Items from a data source:
<<<<

-- ===== src/Lifecycle/Sharing.antt =====
-- Suites that share one deployment: it is up exactly while it has users.
use nfsplayground.Base.{
  ℕ, suc, ◌≡◌, ◌≢◌, refl, ◌∙◌, ap, ◌⊎◌, inl, inr, true, none, ℤ, pos, nonzero, ◌>>=◌, ◌>>◌,
}
use nfsplayground.Kernel.{Kernel, Mutex}
use nfsplayground.Fixture.{Fixture}
use nfsplayground.Lifecycle.{
  default_opts, bringup, teardown, count_user, get_fixture, put_count, put_fixture,
}
use nfsplayground.Lifecycle.Stages.{At, Brought, up, stopped, bringup-Brought}
use nfsplayground.Lifecycle.Clearing.{teardown-clears}

module _ {K : Kernel} where
  -- No users and nothing up, or users and everything up.
  pub data Shared (w : Fixture K) : Type 0 where
    idle : w.fixture_refs ≡ 0 → At 0 w → Shared w
    in_use : (n : ℕ) → w.fixture_refs ≡ suc n → At 4 w → w.bringup_root ≢ none → Shared w

  -- The same statics but for the machine and what the invariant does not name.
  pub record Agrees (v w : Fixture K) : Type 0 where
    pub tmpfs : w.tmpfs_mounted ≡ v.tmpfs_mounted
    pub nfsdfs : w.nfsdfs_mounted ≡ v.nfsdfs_mounted
    pub nfsd : w.nfsd_up ≡ v.nfsd_up
    pub client : w.client_mounted ≡ v.client_mounted
    pub root : w.bringup_root ≡ v.bringup_root
    pub refs : w.fixture_refs ≡ v.fixture_refs

  pub At-Agrees : (k : ℕ) {v w : Fixture K} → Agrees v w → At k v → At k w
  At-Agrees k g a = record {
    tmpfs = g.tmpfs ∙ a.tmpfs;
    nfsdfs = g.nfsdfs ∙ a.nfsdfs;
    nfsd = g.nfsd ∙ a.nfsd;
    client = g.client ∙ a.client;
  }

  pub Shared-Agrees : {v w : Fixture K} → Agrees v w → Shared v → Shared w
  Shared-Agrees g (idle none_left down) = idle (g.refs ∙ none_left) (At-Agrees 0 g down)
  Shared-Agrees g (in_use n refs all root) =
      in_use n (g.refs ∙ refs) (At-Agrees 4 g all) (rw g.root root)

  teardown-At : (w : Fixture K) → At 0 (teardown K w).1
  teardown-At w =
      let e = teardown-clears w in
      record {
        tmpfs = ap (λ v. v.tmpfs_mounted) e;
        nfsdfs = ap (λ v. v.nfsdfs_mounted) e;
        nfsd = ap (λ v. v.nfsd_up) e;
        client = ap (λ v. v.client_mounted) e;
      }

  teardown-refs : (w : Fixture K) → (teardown K w).1.fixture_refs ≡ w.fixture_refs
  teardown-refs w = ap (λ v. v.fixture_refs) (teardown-clears w)

  -- Only the machine differs.
  pub on_machine : (v : Fixture K) (m : K.Machine) → Agrees v (record v { machine = m })
  on_machine v m = record {
    tmpfs = refl;
    nfsdfs = refl;
    nfsd = refl;
    client = refl;
    root = refl;
    refs = refl;
  }

  -- What a get by the first user comes to.
  abbrev pub FirstGet : ℤ → Fixture K → Type 0
  FirstGet err w =
      ((err ≡ pos 0) × (w.fixture_refs ≡ 1) × At 4 w × (w.bringup_root ≢ none))
      ⊎ ((nonzero err ≡ true)
          × (w.fixture_refs ≡ 0)
          × At 0 w
          × (w.bringup_root ≡ none)
          × (w.export_mount_opts ≡ K.strscpy 64 default_opts))

  count_user-Brought :
      (v : Fixture K) (r : ℤ × Fixture K)
      → v.fixture_refs ≡ 0
      → Brought v r
      → FirstGet r.0 (count_user K r.0 r.1).1
  unfolding count_user
  count_user-Brought v r first (up {w} all root alike) = inl (
    refl,
    ap suc (alike.refs ∙ first),
    record { tmpfs = all.tmpfs; nfsdfs = all.nfsdfs; nfsd = all.nfsd; client = all.client },
    root,
  )
  count_user-Brought v r first (stopped {err} {w} k step before which stood made bad stage alike) =
      rw bad (
        inr (
          refl,
          teardown-refs w ∙ alike.refs ∙ first,
          teardown-At w,
          ap (λ v. v.bringup_root) (teardown-clears w),
          ap (λ v. v.export_mount_opts) (teardown-clears w),
        ))

  FirstGet-machine :
      (err : ℤ) (v : Fixture K) (m : K.Machine)
      → FirstGet err v
      → FirstGet err (record v { machine = m })
  FirstGet-machine err v m (inl (ok, refs, all, root)) =
      inl (ok, refs, At-Agrees 4 (on_machine v m) all, root)
  FirstGet-machine err v m (inr (bad, refs, down, root, opts)) =
      inr (bad, refs, At-Agrees 0 (on_machine v m) down, root, opts)

  -- With no users and nothing up, xfstests_nfs_get returns 0 with one user, all four stages up and
  -- the root remembered; or an error, with no user, everything torn down and the export options
  -- back at the default.
  pub get_fixture-first :
      (w : Fixture K)
      → w.fixture_refs ≡ 0
      → At 0 w
      → FirstGet (get_fixture K w).0 (get_fixture K w).1
  unfolding get_fixture
  get_fixture-first w first down =
      let locked = record w {
        machine = K.mutex_lock Mutex.fixture_lock w.machine;
        fixture_refs = 0;
      } in
      let r = bringup K locked in
      let u = (count_user K r.0 r.1).1 in
      let start : At 0 locked = record {
        tmpfs = down.tmpfs;
        nfsdfs = down.nfsdfs;
        nfsd = down.nfsd;
        client = down.client;
      } in
      rw (first, ◌>>=◌, ◌>>◌)
        (FirstGet-machine r.0 u (K.mutex_unlock Mutex.fixture_lock u.machine)
          (count_user-Brought locked r refl (bringup-Brought locked start)))

  -- With users there already, xfstests_nfs_get returns 0 and adds one; it brings nothing up, and
  -- takes and drops the lock as its only calls of the kernel.
  pub get_fixture-shared :
      (w : Fixture K) (n : ℕ)
      → w.fixture_refs ≡ suc n
      → get_fixture K w ≡ (
        pos 0,
        record w {
          machine = K.mutex_unlock Mutex.fixture_lock (K.mutex_lock Mutex.fixture_lock w.machine);
          fixture_refs = suc (suc n);
        },
      )
  unfolding get_fixture count_user
  get_fixture-shared w n some_users = rw (some_users, ◌>>=◌, ◌>>◌)

  -- A put that is not the last user's takes one away and tears nothing down.
  pub put_fixture-shared :
      (w : Fixture K) (n : ℕ)
      → w.fixture_refs ≡ suc (suc n)
      → (put_fixture K w).1 ≡ record w {
        machine = K.mutex_unlock Mutex.fixture_lock (K.mutex_lock Mutex.fixture_lock w.machine);
        fixture_refs = suc n;
      }
  unfolding put_fixture put_count
  put_fixture-shared w n some_users = rw (some_users, ◌>>=◌, ◌>>◌)

  -- The last user's put, and a put without a user.
  pub put_fixture-last :
      (w : Fixture K)
      → w.fixture_refs ≡ 1
      → (At 0 (put_fixture K w).1) × ((put_fixture K w).1.fixture_refs ≡ 0)
  unfolding put_fixture put_count
  put_fixture-last w one =
      let locked = record w {
        machine = K.mutex_lock Mutex.fixture_lock w.machine;
        fixture_refs = 0;
      } in
      let u = (teardown K locked).1 in
      let agrees = on_machine u (K.mutex_unlock Mutex.fixture_lock u.machine) in
      rw (one, ◌>>=◌, ◌>>◌) (At-Agrees 0 agrees (teardown-At locked), teardown-refs locked)

  pub put_fixture-none :
      (w : Fixture K)
      → w.fixture_refs ≡ 0
      → (put_fixture K w).1 ≡ record w {
        machine = K.mutex_unlock Mutex.fixture_lock (K.mutex_lock Mutex.fixture_lock w.machine);
      }
  unfolding put_fixture put_count
  put_fixture-none w nobody = rw (nobody, ◌>>=◌, ◌>>◌)
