-- ===== src/Runtime.antt =====
-- internal/runtime: the generated files of the instances, their plan and its application.
pub mod Model
pub mod Manifests
pub mod Plans
pub mod Applies
pub mod Lifecycle
pub mod Guarded
pub mod Converged
pub mod Scoped
mod Examples
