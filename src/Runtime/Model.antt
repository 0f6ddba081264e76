-- ===== src/Runtime/Model.antt =====
-- internal/runtime/types.go, and the file system. `B` is the type of byte strings.
use sbox_manager.Common.{
  Bool, List, Option, Outcome, String, [], failure, has, if◌then◌else◌, insert, lookup, none, pos,
  success, ℤ, ◌==◌, ◌∷◌,
}
use sbox_manager.Domain.Models.{GlobalConfig, Instance}
use sbox_manager.Generator.Model.{SingBoxConfig}

-- `ManifestSchema`, `ManifestVersion`.
abbrev pub manifest_schema_name : String
manifest_schema_name = "sbox.runtime-manifest"

abbrev pub manifest_version_number : ℤ
manifest_version_number = pos 1

pub data Action : Type 0 where
  create : Action
  update : Action
  delete : Action
  no_change : Action

abbrev pub action_text : Action → String
action_text create = "create"
action_text update = "update"
action_text delete = "delete"
action_text no_change = "no-change"

pub record ManifestFile : Type 0 where
  pub instance_name : String
  pub path : String
  pub relative_path : String
  pub sha256 : String
  pub service : String

-- `Manifest`; the map of hashes may be nil.
pub record RuntimeManifest : Type 0 where
  pub manifest_schema : String
  pub manifest_version : ℤ
  pub config_sha256 : String
  pub instance_sha256 : Option (List (String × String))
  pub generated_at : String
  pub files : List ManifestFile

pub record DesiredFile (B : Type 0) : Type 0 where
  pub file : ManifestFile
  pub contents : B

-- `Data` is nil where the action is `delete`.
pub record Change (B : Type 0) : Type 0 where
  pub action : Action
  pub file : ManifestFile
  pub contents : B

pub record Plan (B : Type 0) : Type 0 where
  pub manifest_path : String
  pub runtime_dir : String
  pub generated_dir : String
  pub target : String
  pub config_sha256 : String
  pub instance_sha256 : List (String × String)
  pub existing : Option RuntimeManifest
  pub desired_files : List (DesiredFile B)
  pub changes : List (Change B)
  pub target_scope : List String
  pub full_scope : Bool

pub record ApplyResult : Type 0 where
  pub manifest : Option RuntimeManifest
  pub changed : Bool

-- What the packages encoding/json and crypto/sha256 answer: `MarshalStable` of the four types, the
-- strict decoding of one manifest, and the hash of bytes in hexadecimal digits.
pub record Codec (B : Type 0) : Type 0 where
  pub hash : B → String
  pub nil_bytes : B
  pub encode_manifest : RuntimeManifest → B
  pub decode_manifest : B → Option RuntimeManifest
  pub encode_global : GlobalConfig → B
  pub encode_instance : Instance → B
  pub encode_config : SingBoxConfig → B

-- How one of the next changes of the disk fails: before the file is replaced or removed, or after it.
pub data Fault : Type 0 where
  before_change : Fault
  after_change : Fault

-- The files by path, the paths that cannot be read, and what becomes of the next changes.
pub record Disk (B : Type 0) : Type 0 where
  pub files : List (String × B)
  pub unreadable : List String
  pub faults : List (Option Fault)

abbrev pub later_faults : List (Option Fault) → List (Option Fault)
later_faults [] = []
later_faults (f ∷ fs) = fs

abbrev pub next_fault : List (Option Fault) → Option Fault
next_fault [] = none
next_fault (f ∷ fs) = f

module _ {B : Type 0} where
  -- `os.ReadFile`: `none` where there is no file.
  abbrev pub read_file : Disk B → String → Outcome (Option B)
  read_file disk path =
      if has disk.unreadable path then failure "read %s: %w" else success (lookup path disk.files)

  abbrev pub without_path : String → List (String × B) → List (String × B)
  without_path path [] = []
  without_path path ((p, b) ∷ rest) =
      let later = without_path path rest in if p == path then later else (p, b) ∷ later

  abbrev pub disk_with : String → B → Disk B → Disk B
  disk_with path b disk = record disk {
    files = insert path b disk.files;
    faults = later_faults disk.faults;
  }

  abbrev pub disk_without : String → Disk B → Disk B
  disk_without path disk = record disk {
    files = without_path path disk.files;
    faults = later_faults disk.faults;
  }

  abbrev pub disk_after : Disk B → Disk B
  disk_after disk = record disk { faults = later_faults disk.faults }
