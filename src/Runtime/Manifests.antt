-- ===== src/Runtime/Manifests.antt =====
-- internal/runtime/manifest.go. An error is its format; `none` is nil.
use sbox_manager.Common.{
  Bool, List, Option, Outcome, String, [], contains, eqb_ℤ, failure, false, has_prefix,
  if◌then◌else◌, is_blank, is_none, none, not, some, sort_stable, success, text_lt, ◌&&◌, ◌==◌,
  ◌>>=◌, ◌||◌, ◌∷◌,
}
use sbox_manager.Runtime.Model.{
  Codec, Disk, ManifestFile, RuntimeManifest, manifest_schema_name, manifest_version_number,
  read_file,
}
use sbox_manager.Std.FilePaths.{clean, is_abs, rel}

unfoldable pub validate_relative_path : String → Option String
validate_relative_path path =
    let cleaned = clean path in
    if contains path "\\"
    then some "relative_path must not contain backslashes"
    else if is_abs path
    then some "relative_path must not be absolute"
    else if cleaned == "." || has_prefix cleaned "../" || cleaned == ".."
    then some "relative_path path traversal is not allowed"
    else if not (cleaned == path)
    then some "relative_path must be a clean path"
    else none

unfoldable pub is_path_under : String → String → Bool
is_path_under parent target = elim (rel (clean parent) (clean target)) [
  | none ↦ false
  | some path ↦ not (path == ".") && not (path == "..") && not (has_prefix path "../")
]

unfoldable pub validate_manifest_file : ManifestFile → String → Option String
validate_manifest_file file generated =
    if is_blank file.instance_name
    then some "instance cannot be empty"
    else if is_blank file.path
    then some "path cannot be empty"
    else if is_blank file.relative_path
    then some "relative_path cannot be empty"
    else if is_blank file.sha256
    then some "sha256 cannot be empty"
    else if is_blank file.service
    then some "service cannot be empty"
    else elim (validate_relative_path file.relative_path) [
      | some e ↦ some e
      | none ↦
          if not (is_path_under generated file.path)
          then some "path must be under paths.generated"
          else none
    ]

-- The loop over the files; `previous` is the relative path of the file before.
unfoldable pub validate_files : String → Option String → List ManifestFile → Option String
validate_files generated previous [] = none
validate_files generated previous (file ∷ rest) =
    let later = validate_files generated (some file.relative_path) rest in
    elim (validate_manifest_file file generated) [
      | some e ↦ some "files[%d]: %w"
      | none ↦ elim previous [
        | none ↦ later
        | some p ↦
            if text_lt file.relative_path p
            then some "files must be sorted stably by relative_path"
            else later
      ]
    ]

unfoldable pub validate_manifest : RuntimeManifest → String → Option String
validate_manifest m generated =
    if not (m.manifest_schema == manifest_schema_name)
    then some "manifest_schema must be %q"
    else if not (eqb_ℤ m.manifest_version manifest_version_number)
    then some "manifest_version must be %d"
    else if is_blank m.config_sha256
    then some "config_sha256 cannot be empty"
    else if is_none m.instance_sha256
    then some "instance_sha256 cannot be empty"
    else if is_blank m.generated_at
    then some "generated_at cannot be empty"
    else validate_files generated none m.files

abbrev pub earlier_path : ManifestFile → ManifestFile → Bool
earlier_path a b = text_lt a.relative_path b.relative_path

unfoldable pub sort_manifest_files : List ManifestFile → List ManifestFile
sort_manifest_files = sort_stable earlier_path

module _ {B : Type 0} (codec : Codec B) where
  -- `LoadManifest`.
  unfoldable pub load_manifest : Disk B → String → String → Outcome (Option RuntimeManifest)
  load_manifest disk path generated = do
    found ← read_file disk path
    elim found [
      | none ↦ success none
      | some b ↦ elim (codec.decode_manifest b) [
        | none ↦ failure "RuntimeManifest %s: %w"
        | some m ↦ elim (validate_manifest m generated) [
          | some e ↦ failure "RuntimeManifest %s: %w"
          | none ↦ success (some m)
        ]
      ]
    ]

>>>>

PROMPT: Among the records above, which lines hold the word "internal"? Copy each one.

TASK OUTPUT:
-- internal/runtime: the generated files of the instances, their plan and its application.
-- internal/runtime/types.go, and the file system. `B` is the type of byte strings.
-- internal/runtime/manifest.go. An error is its format; `none` is nil.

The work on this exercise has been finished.